TASK DESCRIPTION » Write out exactly the lines below that run from the one containing "failed_text = codes" through the one containing "-- The value of a call that went well.", both included, with no other lines.

SUPPLIED MATERIAL »
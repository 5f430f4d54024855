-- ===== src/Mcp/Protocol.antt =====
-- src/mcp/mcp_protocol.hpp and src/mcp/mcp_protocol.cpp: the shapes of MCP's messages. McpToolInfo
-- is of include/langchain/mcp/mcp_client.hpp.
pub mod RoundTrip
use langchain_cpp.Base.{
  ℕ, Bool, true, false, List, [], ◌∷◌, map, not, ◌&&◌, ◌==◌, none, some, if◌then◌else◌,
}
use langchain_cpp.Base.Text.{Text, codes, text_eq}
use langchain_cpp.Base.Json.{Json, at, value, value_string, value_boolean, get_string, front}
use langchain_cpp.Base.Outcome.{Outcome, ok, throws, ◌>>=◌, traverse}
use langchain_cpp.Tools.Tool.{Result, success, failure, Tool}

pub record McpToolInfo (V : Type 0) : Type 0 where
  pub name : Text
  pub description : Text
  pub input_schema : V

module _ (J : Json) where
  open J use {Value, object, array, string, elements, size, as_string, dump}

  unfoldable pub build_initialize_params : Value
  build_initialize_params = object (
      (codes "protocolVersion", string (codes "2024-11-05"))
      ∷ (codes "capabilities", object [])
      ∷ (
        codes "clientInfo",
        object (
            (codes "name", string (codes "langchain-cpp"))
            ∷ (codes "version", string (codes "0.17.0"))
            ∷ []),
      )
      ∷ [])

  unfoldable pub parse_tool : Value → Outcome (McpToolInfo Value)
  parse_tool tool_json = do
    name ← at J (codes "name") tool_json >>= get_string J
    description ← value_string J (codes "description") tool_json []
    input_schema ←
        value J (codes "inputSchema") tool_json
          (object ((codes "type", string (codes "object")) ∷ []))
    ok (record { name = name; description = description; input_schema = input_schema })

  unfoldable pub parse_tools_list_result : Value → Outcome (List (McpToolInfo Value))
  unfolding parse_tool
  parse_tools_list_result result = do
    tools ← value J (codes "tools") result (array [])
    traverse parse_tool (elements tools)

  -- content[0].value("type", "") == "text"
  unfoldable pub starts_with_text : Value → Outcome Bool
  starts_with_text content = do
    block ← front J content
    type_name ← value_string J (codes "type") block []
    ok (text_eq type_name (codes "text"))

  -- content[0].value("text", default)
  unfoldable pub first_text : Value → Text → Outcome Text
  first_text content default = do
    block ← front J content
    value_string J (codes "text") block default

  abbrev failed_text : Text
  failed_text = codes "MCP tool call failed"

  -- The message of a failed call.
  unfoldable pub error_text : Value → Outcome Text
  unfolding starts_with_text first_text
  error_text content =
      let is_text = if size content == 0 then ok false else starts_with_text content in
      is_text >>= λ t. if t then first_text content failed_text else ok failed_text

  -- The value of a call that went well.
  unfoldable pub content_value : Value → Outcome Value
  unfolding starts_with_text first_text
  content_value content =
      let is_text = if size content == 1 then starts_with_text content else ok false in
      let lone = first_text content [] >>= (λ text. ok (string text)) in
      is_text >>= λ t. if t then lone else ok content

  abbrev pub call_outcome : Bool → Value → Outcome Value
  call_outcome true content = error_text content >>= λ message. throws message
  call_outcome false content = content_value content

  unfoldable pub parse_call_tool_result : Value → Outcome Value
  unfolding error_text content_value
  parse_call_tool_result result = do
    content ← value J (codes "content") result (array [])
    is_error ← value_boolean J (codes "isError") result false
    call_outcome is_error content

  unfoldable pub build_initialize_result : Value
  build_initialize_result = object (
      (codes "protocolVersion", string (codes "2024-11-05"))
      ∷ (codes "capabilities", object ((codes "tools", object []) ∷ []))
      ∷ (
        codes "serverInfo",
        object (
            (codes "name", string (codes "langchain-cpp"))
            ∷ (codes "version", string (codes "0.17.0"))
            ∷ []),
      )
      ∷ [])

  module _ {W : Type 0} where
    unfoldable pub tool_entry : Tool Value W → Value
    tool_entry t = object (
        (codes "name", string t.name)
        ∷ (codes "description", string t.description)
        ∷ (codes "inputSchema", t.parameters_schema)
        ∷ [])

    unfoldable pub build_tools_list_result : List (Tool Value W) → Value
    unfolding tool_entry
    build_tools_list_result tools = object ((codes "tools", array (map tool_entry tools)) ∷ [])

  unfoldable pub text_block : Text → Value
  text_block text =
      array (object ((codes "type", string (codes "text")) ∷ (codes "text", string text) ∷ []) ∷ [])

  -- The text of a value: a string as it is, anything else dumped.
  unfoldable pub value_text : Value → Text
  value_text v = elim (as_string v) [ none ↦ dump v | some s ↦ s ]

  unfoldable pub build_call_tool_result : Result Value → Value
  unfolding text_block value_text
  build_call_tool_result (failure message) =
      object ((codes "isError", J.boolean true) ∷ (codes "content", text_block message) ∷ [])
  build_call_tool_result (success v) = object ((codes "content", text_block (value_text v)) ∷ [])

TASK SOLUTION »
  failed_text = codes "MCP tool call failed"

  -- The message of a failed call.
  unfoldable pub error_text : Value → Outcome Text
  unfolding starts_with_text first_text
  error_text content =
      let is_text = if size content == 0 then ok false else starts_with_text content in
      is_text >>= λ t. if t then first_text content failed_text else ok failed_text

  -- The value of a call that went well.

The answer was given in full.